(Stored items)
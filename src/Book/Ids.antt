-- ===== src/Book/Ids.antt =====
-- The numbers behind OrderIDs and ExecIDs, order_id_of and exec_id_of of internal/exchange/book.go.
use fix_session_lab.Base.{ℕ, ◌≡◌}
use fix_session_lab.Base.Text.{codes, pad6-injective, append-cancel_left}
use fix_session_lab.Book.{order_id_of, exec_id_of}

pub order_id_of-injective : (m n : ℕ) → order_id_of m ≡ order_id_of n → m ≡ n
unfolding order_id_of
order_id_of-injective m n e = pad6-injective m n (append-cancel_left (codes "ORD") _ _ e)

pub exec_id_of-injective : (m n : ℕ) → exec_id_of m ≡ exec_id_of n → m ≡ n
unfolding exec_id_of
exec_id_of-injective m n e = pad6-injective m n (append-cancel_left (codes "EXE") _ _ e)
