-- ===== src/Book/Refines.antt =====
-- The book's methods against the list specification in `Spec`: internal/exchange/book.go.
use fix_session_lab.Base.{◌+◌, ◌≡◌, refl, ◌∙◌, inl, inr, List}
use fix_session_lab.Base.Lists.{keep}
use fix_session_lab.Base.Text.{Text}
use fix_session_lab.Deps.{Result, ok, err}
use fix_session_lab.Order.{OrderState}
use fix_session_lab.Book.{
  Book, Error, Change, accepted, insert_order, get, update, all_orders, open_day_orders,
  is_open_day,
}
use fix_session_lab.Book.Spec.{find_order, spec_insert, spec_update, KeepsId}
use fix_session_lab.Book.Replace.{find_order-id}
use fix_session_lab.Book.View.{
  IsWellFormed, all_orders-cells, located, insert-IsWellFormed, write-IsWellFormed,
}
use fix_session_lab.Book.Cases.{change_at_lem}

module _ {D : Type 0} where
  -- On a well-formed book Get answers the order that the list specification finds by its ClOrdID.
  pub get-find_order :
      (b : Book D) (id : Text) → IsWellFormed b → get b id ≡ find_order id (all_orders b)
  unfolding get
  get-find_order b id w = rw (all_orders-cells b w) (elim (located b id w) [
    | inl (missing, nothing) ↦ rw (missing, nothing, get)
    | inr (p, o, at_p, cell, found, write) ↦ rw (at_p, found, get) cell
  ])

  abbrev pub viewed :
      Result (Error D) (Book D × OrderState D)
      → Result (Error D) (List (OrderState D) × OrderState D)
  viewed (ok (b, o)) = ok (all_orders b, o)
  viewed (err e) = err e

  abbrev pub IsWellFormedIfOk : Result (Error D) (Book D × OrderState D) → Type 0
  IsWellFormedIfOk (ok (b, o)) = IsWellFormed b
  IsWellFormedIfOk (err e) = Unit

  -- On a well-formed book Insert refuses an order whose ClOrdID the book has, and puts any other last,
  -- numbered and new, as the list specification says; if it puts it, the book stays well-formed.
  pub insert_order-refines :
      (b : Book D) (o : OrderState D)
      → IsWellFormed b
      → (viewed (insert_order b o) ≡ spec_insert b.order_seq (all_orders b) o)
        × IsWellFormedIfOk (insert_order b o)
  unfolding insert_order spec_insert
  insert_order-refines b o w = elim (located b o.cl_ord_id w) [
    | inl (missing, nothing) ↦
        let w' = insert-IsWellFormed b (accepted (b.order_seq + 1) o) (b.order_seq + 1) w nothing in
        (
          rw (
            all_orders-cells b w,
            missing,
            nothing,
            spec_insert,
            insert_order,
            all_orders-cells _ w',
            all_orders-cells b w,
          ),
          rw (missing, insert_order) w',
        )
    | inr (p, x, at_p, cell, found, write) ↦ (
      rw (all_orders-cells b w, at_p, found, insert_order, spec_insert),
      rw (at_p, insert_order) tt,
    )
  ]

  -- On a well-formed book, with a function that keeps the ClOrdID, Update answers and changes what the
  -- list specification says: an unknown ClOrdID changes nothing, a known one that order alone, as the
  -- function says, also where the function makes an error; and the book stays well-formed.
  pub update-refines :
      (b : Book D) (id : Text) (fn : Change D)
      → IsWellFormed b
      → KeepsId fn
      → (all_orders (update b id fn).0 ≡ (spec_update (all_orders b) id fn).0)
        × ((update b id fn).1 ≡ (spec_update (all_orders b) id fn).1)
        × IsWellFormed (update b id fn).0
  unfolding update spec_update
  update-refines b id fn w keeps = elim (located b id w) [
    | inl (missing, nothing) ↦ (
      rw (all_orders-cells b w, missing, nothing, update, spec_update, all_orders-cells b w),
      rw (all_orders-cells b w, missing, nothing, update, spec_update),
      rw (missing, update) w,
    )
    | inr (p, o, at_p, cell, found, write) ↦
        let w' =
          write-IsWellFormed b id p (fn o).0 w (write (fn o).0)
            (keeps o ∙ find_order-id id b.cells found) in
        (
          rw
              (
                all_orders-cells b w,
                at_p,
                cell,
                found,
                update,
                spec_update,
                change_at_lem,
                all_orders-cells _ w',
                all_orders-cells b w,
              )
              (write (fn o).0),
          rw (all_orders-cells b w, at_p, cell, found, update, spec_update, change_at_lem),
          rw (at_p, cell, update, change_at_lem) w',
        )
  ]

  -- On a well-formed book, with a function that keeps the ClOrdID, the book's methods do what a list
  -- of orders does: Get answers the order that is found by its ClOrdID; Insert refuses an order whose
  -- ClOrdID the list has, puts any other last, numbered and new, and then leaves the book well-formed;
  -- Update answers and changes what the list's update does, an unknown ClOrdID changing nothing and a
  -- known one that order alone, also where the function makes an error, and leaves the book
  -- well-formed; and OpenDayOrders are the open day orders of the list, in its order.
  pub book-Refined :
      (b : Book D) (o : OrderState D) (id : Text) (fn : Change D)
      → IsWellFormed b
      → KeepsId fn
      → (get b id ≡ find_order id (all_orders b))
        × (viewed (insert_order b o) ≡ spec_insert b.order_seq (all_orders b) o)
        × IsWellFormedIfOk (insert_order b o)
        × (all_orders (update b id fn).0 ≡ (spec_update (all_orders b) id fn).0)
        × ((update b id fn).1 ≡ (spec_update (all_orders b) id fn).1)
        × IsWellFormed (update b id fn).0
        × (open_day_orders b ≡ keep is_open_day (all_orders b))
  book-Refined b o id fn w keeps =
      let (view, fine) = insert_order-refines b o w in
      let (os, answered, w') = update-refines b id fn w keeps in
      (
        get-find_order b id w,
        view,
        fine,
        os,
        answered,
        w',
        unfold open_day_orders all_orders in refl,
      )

▸ TASK BRIEF: In the entries, find every line holding "elim" and copy it.

▸ EXERCISE SOLUTION:
  get-find_order b id w = rw (all_orders-cells b w) (elim (located b id w) [
  insert_order-refines b o w = elim (located b o.cl_ord_id w) [
  update-refines b id fn w keeps = elim (located b id w) [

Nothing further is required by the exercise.